## SUPPLIED ENTRIES
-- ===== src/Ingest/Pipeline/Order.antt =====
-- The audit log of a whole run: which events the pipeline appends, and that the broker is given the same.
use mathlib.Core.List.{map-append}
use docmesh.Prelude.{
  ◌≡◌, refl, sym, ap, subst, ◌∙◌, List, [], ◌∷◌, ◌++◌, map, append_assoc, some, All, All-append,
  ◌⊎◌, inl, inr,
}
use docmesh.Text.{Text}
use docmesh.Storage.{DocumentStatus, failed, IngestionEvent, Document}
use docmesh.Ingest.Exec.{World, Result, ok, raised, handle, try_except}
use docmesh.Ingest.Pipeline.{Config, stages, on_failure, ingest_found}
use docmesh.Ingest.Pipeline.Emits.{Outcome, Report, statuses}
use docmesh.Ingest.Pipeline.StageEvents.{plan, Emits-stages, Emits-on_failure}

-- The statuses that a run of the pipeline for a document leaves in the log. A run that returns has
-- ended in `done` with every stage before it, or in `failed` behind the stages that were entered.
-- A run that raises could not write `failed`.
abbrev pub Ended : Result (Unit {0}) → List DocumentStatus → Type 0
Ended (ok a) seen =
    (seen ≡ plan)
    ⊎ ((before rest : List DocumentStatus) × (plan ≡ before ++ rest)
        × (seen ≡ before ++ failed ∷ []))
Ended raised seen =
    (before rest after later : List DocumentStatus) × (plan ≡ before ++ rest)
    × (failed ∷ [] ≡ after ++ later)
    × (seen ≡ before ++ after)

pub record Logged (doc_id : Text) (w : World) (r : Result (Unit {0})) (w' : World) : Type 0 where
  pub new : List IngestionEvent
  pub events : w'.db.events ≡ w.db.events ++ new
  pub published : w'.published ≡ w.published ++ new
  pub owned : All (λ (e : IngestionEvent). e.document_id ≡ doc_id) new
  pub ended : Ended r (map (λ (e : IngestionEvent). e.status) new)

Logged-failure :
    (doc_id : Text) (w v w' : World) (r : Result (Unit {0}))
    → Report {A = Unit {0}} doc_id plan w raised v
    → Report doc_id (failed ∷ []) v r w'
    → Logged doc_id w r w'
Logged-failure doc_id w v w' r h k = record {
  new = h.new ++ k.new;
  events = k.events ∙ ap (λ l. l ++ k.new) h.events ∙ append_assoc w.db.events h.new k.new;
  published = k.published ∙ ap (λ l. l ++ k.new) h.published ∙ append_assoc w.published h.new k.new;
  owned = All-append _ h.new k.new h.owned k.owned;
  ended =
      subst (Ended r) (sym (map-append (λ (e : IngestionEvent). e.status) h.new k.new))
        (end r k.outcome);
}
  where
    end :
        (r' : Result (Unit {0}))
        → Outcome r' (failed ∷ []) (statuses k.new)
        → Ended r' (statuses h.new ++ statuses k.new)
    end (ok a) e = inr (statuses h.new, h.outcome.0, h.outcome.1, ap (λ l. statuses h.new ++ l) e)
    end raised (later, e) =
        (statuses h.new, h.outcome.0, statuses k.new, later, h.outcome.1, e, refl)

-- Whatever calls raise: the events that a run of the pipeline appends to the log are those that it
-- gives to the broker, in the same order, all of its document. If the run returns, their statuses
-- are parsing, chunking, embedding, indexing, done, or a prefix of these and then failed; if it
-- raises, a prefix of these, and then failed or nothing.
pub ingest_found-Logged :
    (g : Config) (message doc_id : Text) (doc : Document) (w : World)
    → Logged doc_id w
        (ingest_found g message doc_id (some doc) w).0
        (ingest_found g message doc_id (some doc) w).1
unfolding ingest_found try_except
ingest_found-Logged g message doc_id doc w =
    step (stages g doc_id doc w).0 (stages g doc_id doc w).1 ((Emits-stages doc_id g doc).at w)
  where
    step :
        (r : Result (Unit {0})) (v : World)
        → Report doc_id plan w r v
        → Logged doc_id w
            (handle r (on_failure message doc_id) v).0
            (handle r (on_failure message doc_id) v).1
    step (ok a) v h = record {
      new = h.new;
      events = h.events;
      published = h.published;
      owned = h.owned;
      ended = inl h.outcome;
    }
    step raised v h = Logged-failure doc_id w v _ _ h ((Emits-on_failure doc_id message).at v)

## EXERCISE INSTRUCTIONS
Using only the listing above, restate exactly the lines from the line containing "Logged-failure doc_id w v w'" through the line containing "end raised (later, e)", both included.

## YOUR SOLUTION
Logged-failure doc_id w v w' r h k = record {
  new = h.new ++ k.new;
  events = k.events ∙ ap (λ l. l ++ k.new) h.events ∙ append_assoc w.db.events h.new k.new;
  published = k.published ∙ ap (λ l. l ++ k.new) h.published ∙ append_assoc w.published h.new k.new;
  owned = All-append _ h.new k.new h.owned k.owned;
  ended =
      subst (Ended r) (sym (map-append (λ (e : IngestionEvent). e.status) h.new k.new))
        (end r k.outcome);
}
  where
    end :
        (r' : Result (Unit {0}))
        → Outcome r' (failed ∷ []) (statuses k.new)
        → Ended r' (statuses h.new ++ statuses k.new)
    end (ok a) e = inr (statuses h.new, h.outcome.0, h.outcome.1, ap (λ l. statuses h.new ++ l) e)
    end raised (later, e) =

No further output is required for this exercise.